◆ **PROBLEM DESCRIPTION**
Among the entries below, one stretch runs from the line that contains "-- order; only an unknown id fails." through the line that contains "rs)) f rs (omega arith))". Repeat that stretch exactly, ends included, and only that.

◆ **SUPPLIED DATA**
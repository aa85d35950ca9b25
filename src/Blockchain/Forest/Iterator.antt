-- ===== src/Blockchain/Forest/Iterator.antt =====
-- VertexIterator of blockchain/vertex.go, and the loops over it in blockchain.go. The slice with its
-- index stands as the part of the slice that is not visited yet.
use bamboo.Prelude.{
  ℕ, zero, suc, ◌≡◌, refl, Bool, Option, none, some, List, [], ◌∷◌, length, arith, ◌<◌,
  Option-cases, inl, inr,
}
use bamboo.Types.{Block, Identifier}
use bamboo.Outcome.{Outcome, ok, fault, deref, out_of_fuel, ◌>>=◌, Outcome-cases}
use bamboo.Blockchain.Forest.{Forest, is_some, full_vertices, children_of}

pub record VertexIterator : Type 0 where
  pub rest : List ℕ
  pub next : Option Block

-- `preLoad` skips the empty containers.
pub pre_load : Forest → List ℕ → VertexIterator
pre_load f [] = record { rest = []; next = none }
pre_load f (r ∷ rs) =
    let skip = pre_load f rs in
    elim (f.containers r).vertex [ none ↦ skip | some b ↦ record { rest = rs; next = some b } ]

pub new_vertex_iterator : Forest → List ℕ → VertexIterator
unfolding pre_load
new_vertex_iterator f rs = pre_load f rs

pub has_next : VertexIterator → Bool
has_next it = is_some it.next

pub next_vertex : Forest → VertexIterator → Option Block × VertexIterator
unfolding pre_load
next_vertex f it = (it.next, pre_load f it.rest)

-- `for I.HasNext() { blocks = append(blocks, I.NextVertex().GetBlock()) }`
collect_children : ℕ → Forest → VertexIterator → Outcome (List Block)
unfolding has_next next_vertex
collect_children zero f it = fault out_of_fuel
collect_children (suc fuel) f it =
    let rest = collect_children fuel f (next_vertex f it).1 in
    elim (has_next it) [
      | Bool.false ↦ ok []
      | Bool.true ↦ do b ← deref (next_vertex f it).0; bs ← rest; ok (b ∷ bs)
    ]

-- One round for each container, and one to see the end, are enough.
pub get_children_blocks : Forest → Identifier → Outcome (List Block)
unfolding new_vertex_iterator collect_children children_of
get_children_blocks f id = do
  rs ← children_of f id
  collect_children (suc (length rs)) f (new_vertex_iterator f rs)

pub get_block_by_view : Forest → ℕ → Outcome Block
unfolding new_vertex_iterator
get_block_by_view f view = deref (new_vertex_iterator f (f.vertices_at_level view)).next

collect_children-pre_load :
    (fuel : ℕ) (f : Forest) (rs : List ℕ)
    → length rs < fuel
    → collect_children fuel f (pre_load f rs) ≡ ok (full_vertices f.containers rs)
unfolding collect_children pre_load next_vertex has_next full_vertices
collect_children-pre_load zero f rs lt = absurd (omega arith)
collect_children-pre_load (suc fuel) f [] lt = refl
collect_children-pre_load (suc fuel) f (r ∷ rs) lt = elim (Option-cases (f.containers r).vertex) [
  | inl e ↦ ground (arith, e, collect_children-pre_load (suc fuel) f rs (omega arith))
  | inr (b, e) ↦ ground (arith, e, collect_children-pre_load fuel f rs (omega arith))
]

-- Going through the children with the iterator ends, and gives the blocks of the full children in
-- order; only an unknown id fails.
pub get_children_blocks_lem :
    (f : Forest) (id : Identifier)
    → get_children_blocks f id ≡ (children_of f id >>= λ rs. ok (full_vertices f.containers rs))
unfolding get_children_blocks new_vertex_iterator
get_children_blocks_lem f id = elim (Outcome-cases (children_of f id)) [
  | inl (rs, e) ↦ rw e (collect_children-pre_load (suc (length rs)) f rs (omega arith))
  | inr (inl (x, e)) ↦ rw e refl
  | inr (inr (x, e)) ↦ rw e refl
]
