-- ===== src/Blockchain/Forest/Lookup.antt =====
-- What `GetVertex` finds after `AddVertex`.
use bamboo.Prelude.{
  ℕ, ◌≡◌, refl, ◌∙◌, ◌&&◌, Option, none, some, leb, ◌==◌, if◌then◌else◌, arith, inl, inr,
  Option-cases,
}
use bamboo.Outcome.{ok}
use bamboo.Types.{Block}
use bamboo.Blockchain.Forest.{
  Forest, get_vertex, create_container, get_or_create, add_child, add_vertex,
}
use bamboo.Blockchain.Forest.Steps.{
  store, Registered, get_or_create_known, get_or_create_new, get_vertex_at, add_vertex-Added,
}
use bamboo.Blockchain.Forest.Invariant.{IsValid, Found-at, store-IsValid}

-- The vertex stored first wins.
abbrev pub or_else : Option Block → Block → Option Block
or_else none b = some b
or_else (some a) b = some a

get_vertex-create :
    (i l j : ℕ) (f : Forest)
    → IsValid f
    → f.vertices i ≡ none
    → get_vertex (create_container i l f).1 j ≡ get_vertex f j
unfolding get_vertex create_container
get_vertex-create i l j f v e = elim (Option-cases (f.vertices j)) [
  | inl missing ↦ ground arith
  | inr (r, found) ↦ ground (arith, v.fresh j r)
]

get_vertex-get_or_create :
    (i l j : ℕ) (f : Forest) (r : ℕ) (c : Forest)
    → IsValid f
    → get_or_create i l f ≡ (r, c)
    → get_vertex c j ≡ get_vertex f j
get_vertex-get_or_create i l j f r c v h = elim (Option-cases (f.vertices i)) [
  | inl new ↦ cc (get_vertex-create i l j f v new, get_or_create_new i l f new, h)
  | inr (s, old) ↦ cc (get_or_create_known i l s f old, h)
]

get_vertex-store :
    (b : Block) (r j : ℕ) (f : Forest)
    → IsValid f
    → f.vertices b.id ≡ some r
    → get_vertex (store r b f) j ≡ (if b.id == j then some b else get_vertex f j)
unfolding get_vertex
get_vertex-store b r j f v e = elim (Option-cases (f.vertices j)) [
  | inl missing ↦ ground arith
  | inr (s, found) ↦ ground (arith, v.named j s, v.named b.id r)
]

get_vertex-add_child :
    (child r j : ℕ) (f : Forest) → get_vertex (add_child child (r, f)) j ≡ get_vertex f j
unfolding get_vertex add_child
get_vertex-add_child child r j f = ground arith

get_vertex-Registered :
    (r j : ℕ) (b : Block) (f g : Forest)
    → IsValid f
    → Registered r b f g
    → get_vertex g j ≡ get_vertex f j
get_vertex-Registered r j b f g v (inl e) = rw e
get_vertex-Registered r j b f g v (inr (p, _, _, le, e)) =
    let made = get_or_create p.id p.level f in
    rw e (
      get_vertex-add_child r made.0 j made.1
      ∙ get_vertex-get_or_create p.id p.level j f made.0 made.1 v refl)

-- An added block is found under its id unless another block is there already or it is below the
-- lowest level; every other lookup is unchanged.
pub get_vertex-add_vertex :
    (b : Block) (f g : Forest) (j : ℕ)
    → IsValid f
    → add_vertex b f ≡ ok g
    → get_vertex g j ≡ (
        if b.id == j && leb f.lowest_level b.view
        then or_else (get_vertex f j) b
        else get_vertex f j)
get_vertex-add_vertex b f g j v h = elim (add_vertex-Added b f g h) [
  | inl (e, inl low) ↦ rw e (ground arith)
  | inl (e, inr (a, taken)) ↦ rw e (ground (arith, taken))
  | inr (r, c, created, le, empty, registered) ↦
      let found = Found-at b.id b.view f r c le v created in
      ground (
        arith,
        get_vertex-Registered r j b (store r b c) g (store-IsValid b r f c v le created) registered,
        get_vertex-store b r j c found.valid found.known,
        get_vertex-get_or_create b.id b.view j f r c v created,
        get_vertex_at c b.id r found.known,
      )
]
--
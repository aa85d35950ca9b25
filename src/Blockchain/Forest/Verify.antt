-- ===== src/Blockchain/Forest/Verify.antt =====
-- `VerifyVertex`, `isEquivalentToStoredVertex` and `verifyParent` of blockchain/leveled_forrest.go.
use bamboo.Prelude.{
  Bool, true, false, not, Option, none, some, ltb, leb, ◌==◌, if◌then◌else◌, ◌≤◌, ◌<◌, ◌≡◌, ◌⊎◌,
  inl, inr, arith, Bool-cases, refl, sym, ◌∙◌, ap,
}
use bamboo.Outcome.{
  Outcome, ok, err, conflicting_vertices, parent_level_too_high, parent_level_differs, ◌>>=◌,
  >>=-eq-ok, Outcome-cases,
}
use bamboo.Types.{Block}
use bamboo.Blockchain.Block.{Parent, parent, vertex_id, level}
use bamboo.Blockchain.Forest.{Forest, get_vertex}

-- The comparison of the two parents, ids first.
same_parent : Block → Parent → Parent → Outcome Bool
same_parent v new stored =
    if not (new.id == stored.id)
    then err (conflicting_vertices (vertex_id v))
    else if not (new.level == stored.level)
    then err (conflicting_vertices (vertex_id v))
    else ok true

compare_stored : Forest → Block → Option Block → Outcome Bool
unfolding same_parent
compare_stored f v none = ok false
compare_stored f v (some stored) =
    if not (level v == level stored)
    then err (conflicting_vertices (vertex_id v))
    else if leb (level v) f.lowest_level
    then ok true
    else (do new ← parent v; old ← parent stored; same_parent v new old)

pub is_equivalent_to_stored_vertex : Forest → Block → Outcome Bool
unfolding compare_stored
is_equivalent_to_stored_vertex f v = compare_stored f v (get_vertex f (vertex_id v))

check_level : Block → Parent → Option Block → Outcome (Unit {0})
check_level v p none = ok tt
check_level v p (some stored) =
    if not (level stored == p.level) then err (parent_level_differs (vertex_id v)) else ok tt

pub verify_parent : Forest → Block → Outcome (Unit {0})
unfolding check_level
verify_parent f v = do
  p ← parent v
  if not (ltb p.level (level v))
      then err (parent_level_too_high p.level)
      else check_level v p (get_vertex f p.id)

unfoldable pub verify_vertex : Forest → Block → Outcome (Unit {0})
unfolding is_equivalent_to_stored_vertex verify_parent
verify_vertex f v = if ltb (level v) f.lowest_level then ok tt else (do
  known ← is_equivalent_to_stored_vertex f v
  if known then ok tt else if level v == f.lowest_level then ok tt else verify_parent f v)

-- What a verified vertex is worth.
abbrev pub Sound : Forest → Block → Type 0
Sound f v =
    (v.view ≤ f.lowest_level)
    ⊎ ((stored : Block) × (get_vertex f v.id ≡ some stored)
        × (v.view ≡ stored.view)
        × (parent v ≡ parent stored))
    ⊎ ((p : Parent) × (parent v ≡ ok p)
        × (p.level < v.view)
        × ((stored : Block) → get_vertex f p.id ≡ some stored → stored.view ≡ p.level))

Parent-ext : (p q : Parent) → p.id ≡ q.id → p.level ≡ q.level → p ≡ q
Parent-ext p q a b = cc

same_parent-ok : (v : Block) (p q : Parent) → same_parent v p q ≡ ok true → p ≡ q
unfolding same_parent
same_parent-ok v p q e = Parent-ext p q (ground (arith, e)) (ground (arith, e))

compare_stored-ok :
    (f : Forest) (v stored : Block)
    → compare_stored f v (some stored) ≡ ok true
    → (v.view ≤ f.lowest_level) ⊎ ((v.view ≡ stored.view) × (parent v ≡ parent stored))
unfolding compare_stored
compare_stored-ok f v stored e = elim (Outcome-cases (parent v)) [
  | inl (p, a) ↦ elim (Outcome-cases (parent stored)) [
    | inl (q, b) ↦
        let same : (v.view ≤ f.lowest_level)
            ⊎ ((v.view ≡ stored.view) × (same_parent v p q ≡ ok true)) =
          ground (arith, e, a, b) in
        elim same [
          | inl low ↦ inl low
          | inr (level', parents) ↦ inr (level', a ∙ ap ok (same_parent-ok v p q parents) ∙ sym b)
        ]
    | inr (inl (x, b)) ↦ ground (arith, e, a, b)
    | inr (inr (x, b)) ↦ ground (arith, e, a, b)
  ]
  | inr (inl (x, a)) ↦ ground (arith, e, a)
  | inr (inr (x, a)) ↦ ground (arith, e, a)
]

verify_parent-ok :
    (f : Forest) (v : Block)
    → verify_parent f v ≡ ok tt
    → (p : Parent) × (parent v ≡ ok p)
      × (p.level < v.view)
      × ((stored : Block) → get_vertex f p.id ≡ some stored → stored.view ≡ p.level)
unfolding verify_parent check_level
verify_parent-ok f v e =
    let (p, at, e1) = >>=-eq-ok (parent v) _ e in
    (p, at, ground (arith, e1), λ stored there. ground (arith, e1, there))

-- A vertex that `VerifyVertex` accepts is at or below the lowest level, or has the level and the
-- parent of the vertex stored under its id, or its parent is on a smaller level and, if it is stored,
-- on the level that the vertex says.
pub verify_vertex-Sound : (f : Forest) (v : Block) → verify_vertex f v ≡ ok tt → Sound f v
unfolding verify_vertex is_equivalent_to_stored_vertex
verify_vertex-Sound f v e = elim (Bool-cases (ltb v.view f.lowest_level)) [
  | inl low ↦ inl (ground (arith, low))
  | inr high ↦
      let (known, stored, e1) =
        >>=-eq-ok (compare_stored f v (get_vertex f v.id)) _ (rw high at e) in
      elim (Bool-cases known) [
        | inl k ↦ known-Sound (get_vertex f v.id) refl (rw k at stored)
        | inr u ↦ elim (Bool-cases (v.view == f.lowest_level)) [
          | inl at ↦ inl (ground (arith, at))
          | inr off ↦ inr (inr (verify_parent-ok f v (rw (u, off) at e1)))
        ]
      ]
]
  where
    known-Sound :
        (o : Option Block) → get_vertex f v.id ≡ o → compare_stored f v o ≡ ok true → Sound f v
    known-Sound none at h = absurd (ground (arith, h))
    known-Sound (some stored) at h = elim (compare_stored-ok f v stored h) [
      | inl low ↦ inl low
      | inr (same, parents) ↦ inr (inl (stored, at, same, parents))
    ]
---
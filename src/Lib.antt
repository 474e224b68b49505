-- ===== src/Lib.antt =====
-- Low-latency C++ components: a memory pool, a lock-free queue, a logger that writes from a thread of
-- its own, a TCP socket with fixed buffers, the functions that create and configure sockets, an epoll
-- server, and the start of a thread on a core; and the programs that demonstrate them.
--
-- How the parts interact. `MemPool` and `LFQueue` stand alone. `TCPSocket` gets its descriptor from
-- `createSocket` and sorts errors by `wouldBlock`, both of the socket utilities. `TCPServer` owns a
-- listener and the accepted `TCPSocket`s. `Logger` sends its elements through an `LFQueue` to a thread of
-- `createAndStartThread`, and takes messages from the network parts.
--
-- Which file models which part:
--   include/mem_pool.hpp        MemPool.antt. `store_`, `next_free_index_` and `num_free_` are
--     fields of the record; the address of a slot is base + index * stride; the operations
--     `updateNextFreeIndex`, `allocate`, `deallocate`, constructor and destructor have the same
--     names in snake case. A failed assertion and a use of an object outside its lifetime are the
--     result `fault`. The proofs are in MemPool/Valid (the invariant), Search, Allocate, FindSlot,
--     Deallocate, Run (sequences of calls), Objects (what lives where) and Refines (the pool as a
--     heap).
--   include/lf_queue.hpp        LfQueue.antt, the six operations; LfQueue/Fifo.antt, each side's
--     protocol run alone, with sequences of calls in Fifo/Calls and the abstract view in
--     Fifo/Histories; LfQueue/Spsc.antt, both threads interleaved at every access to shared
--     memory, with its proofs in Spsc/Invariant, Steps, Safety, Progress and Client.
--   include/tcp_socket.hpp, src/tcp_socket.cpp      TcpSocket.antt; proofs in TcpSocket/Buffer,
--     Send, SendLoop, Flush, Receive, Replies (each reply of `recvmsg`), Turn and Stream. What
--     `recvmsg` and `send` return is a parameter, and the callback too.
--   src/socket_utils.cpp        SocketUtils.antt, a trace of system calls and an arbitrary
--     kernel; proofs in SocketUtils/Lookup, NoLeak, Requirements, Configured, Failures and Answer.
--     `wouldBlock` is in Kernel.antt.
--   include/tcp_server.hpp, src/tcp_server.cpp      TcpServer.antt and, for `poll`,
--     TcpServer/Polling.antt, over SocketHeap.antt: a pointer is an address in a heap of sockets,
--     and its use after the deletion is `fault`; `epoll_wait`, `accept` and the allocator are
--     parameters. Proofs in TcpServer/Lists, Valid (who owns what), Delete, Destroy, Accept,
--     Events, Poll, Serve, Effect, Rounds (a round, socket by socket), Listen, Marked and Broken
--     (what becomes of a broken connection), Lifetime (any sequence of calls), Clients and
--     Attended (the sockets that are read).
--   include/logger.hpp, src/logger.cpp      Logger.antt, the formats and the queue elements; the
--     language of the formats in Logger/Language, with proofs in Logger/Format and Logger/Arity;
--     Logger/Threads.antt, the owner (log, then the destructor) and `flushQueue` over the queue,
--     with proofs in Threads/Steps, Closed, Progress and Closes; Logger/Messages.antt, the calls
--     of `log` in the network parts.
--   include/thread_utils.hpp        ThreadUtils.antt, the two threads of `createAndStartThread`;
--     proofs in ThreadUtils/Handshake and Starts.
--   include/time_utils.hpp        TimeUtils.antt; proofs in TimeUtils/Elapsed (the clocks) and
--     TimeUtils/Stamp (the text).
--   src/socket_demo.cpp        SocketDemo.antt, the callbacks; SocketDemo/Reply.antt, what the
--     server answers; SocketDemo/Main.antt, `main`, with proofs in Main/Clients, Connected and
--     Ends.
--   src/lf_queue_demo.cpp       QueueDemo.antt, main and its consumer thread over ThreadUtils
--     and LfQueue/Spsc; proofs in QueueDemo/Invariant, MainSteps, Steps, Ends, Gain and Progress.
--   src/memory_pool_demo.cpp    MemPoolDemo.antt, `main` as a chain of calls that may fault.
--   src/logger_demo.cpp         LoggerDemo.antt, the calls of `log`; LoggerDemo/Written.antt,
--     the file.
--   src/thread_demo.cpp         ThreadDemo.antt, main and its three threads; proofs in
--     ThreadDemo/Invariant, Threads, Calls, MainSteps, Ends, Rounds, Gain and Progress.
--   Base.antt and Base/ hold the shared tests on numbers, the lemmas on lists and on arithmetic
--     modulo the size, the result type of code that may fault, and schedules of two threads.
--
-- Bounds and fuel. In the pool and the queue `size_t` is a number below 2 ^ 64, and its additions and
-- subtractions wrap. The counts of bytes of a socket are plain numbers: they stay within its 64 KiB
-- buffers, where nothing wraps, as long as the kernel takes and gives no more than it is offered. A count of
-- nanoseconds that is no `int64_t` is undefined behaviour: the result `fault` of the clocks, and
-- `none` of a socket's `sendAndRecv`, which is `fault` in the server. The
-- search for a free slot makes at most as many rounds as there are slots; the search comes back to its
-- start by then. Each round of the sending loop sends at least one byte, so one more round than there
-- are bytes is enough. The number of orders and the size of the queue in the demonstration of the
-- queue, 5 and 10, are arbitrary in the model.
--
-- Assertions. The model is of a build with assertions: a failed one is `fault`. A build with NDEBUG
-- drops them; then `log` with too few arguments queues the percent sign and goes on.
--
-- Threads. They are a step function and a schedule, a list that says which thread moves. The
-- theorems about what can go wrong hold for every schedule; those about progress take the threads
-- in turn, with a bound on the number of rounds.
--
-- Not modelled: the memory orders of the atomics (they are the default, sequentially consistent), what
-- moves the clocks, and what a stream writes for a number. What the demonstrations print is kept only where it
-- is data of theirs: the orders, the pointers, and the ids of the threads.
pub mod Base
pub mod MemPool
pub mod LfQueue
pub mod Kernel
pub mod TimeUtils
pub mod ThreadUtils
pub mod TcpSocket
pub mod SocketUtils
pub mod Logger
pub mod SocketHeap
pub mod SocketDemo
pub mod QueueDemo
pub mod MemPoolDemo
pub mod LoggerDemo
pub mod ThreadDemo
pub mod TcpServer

◆ **ANSWER TO THIS TASK**
-- order; only an unknown id fails.
pub get_children_blocks_lem :
    (f : Forest) (id : Identifier)
    → get_children_blocks f id ≡ (children_of f id >>= λ rs. ok (full_vertices f.containers rs))
unfolding get_children_blocks new_vertex_iterator
get_children_blocks_lem f id = elim (Outcome-cases (children_of f id)) [
  | inl (rs, e) ↦ rw e (collect_children-pre_load (suc (length rs)) f rs (omega arith))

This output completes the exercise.